Get ye all in there. I've had a couple of sessions with Ross's taps at Bacchus. I think. I seem to remember Tidal Pete being there as well maybe. :chug:


----------



## Lord Raja Goomba I (28/2/13)

Ross is the only commercial brewer that makes beer as good as a homebrewer. Both in terms of variety of beers and not having an accountant looking over the shoulder.
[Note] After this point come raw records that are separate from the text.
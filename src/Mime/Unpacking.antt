-- ===== src/Mime/Unpacking.antt =====
-- What `unpack_message` makes of the parts of a MIME message.
use as_lib.Base.{
  ◌≡◌, refl, ap, sym, ◌∙◌, arith, String, Bool, true, Option, none, some, List, [], ◌∷◌, ◌==◌,
  string_eq, if◌then◌else◌, find, ◌++◌,
}
use as_lib.Base.Dict.{Dict}
use as_lib.Errors.{error_of, family_of, ReceiptableError}
use as_lib.Errors.Attributes.{error_code, family_code}
use as_lib.Base.Text.{nonempty}
use as_lib.Platform.{Bytes}
use as_lib.Outcome.{
  Raised, ok, err, require, ensure, bind-eq-ok, bind-raises, require-raises, ensure-raises,
  ensure-eq-ok, ok-injective, require-eq-some, receiptable,
}
use as_lib.Message.{present, or_blank}
use as_lib.Mime.{
  Part, part, Parts, no_parts, first_part, find_part, find_in_parts, get_soap_part,
  get_encrypted_part, get_content_id, payload_of, parse_parts, unpack_message,
}

abbrev pub content_type : Part → String
content_type (part t i b ps) = t

-- The parts in the order of the message, each `multipart/related` replaced by what is in it.
unfoldable mutual
  pub related_parts : Part → List Part
  related_parts (part t i b ps) =
      let inside = related_in ps in if t == "multipart/related" then inside else part t i b ps ∷ []

  related_in : Parts → List Part
  related_in no_parts = []
  related_in (first_part p ps) = related_parts p ++ related_in ps

find-append :
    {A : Type 0}
    → (p : A → Bool) (xs ys : List A)
    → find p (xs ++ ys) ≡ (elim (find p xs) [ some x ↦ some x | none ↦ find p ys ])
find-append p [] ys = refl
find-append p (x ∷ xs) ys = ground (arith, find-append p xs ys)

mutual
  unfolding find_part related_parts

  in_part :
      (wanted : String) (p : Part)
      → find_part wanted p ≡ find (λ q. content_type q == wanted) (related_parts p)
  in_part wanted (part t i b ps) = ground (arith, in_parts wanted ps)

  in_parts :
      (wanted : String) (ps : Parts)
      → find_in_parts wanted ps ≡ find (λ q. content_type q == wanted) (related_in ps)
  in_parts wanted no_parts = refl
  in_parts wanted (first_part p ps) = ground (
    arith,
    in_part wanted p,
    in_parts wanted ps,
    find-append (λ q. content_type q == wanted) (related_parts p) (related_in ps),
  )

-- The search for a part gives the first part of that content type, among the parts of the message
-- in their order, where each `multipart/related` part stands for what is in it.
pub find_part_lem :
    (wanted : String) (p : Part)
    → find_part wanted p ≡ find (λ q. content_type q == wanted) (related_parts p)
find_part_lem wanted p = in_part wanted p

module _ (parsebytes : Bytes → Part) where
  -- What `unpack_message` takes from the message.
  pub record Unpacked (payload : Bytes) (soap_data : Bytes) (attachments : Dict Bytes)
      : Type 0 where
    pub soap_part : Part
    pub payload_part : Part
    pub content : Bytes
    pub content_id : String
    pub is_soap : get_soap_part (parsebytes payload) ≡ some soap_part
    pub soap_content : payload_of soap_part ≡ some soap_data
    pub is_payload : get_encrypted_part (parsebytes payload) ≡ some payload_part
    pub payload_content : payload_of payload_part ≡ some content
    pub named : get_content_id payload_part ≡ some content_id
    pub id_nonempty : nonempty content_id ≡ true
    pub one_attachment : attachments ≡ (content_id, content) ∷ []

  present-eq-true :
      (o : Option String)
      → present o ≡ true
      → (o ≡ some (or_blank o)) × (nonempty (or_blank o) ≡ true)
  present-eq-true none h = ground arith
  present-eq-true (some s) h = (refl, h)

  -- When `unpack_message` returns, then the message has a SOAP part and a payload part with
  -- contents, the payload part has a Content-ID that is not empty, and the attachments are that
  -- one payload under that id.
  pub unpack_message-Unpacked :
      (payload soap_data : Bytes) (attachments : Dict Bytes)
      → unpack_message parsebytes payload ≡ ok (soap_data, attachments)
      → Unpacked payload soap_data attachments
  unfolding unpack_message parse_parts
  unpack_message-Unpacked payload soap_data attachments h =
      let ((s, p), e, h1) = bind-eq-ok (parse_parts parsebytes payload) _ h in
      let (s', is_s, g1) = bind-eq-ok (require (get_soap_part (parsebytes payload)) _) _ e in
      let (p', is_p, g2) = bind-eq-ok (require (get_encrypted_part (parsebytes payload)) _) _ g1 in
      let same : (s', p') ≡ (s, p) = ok-injective g2 in
      let (d, is_d, h2) = bind-eq-ok (require (payload_of s) _) _ h1 in
      let (c, is_c, h3) = bind-eq-ok (require (payload_of p) _) _ h2 in
      let (u, is_id, h4) = bind-eq-ok (ensure (present (get_content_id p)) _) _ h3 in
      let out : (d, (or_blank (get_content_id p), c) ∷ []) ≡ (soap_data, attachments) =
        ok-injective h4 in
      let (named, full) = present-eq-true _ (ensure-eq-ok _ _ _ is_id) in
      record {
        soap_part = s;
        payload_part = p;
        content = c;
        content_id = or_blank (get_content_id p);
        is_soap = require-eq-some _ _ is_s ∙ ap (λ x. some x.0) same;
        soap_content = require-eq-some _ _ is_d ∙ ap (λ x. some x.0) out;
        is_payload = require-eq-some _ _ is_p ∙ ap (λ x. some x.1) same;
        payload_content = require-eq-some _ _ is_c;
        named = named;
        id_nonempty = full;
        one_attachment = sym (ap (λ x. x.1) out);
      }

  -- The error EBMS:0009, which an error signal reports.
  abbrev pub Reports : Raised → Type 0
  Reports e = (x : ReceiptableError) × (e ≡ receiptable x) × (error_code x.class ≡ "EBMS:0009")

  -- Every failure of `unpack_message` is the error EBMS:0009, which an error signal can report to
  -- the sender.
  pub unpack_message-raises :
      (payload : Bytes) (e : Raised) → unpack_message parsebytes payload ≡ err e → Reports e
  unfolding unpack_message parse_parts error_code family_code family_of error_of
  unpack_message-raises payload e h =
      bind-raises Reports e (parse_parts parsebytes payload) _
        (bind-raises Reports e (require (get_soap_part (parsebytes payload)) _) _
          (require-raises Reports e _ _ (_, refl, refl))
          (λ s.
            bind-raises Reports e (require (get_encrypted_part (parsebytes payload)) _) _
              (require-raises Reports e _ _ (_, refl, refl)) (λ p q. ground arith)))
        (λ parts.
          bind-raises Reports e (require (payload_of parts.0) _) _
            (require-raises Reports e _ _ (_, refl, refl))
            (λ d.
              bind-raises Reports e (require (payload_of parts.1) _) _
                (require-raises Reports e _ _ (_, refl, refl))
                (λ c.
                  bind-raises Reports e (ensure (present (get_content_id parts.1)) _) _
                    (ensure-raises Reports e _ _ (_, refl, refl)) (λ u q. ground arith))))
        h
If only I could get a 5L keg or two down here until I'm up and brewing again.


----------



## angus_grant (28/2/13)

I've had the Bacchus sour ale and the turkish delight stout at Super Whatnot. The sour ale was brilliant (nice and tart) and the stout was interesting. Nice lovely dark bitter taste and then a hit of turkish delight. I enjoyed it cause it was messing with my head a little.

I've got to pop in there more often to see what they have on tap.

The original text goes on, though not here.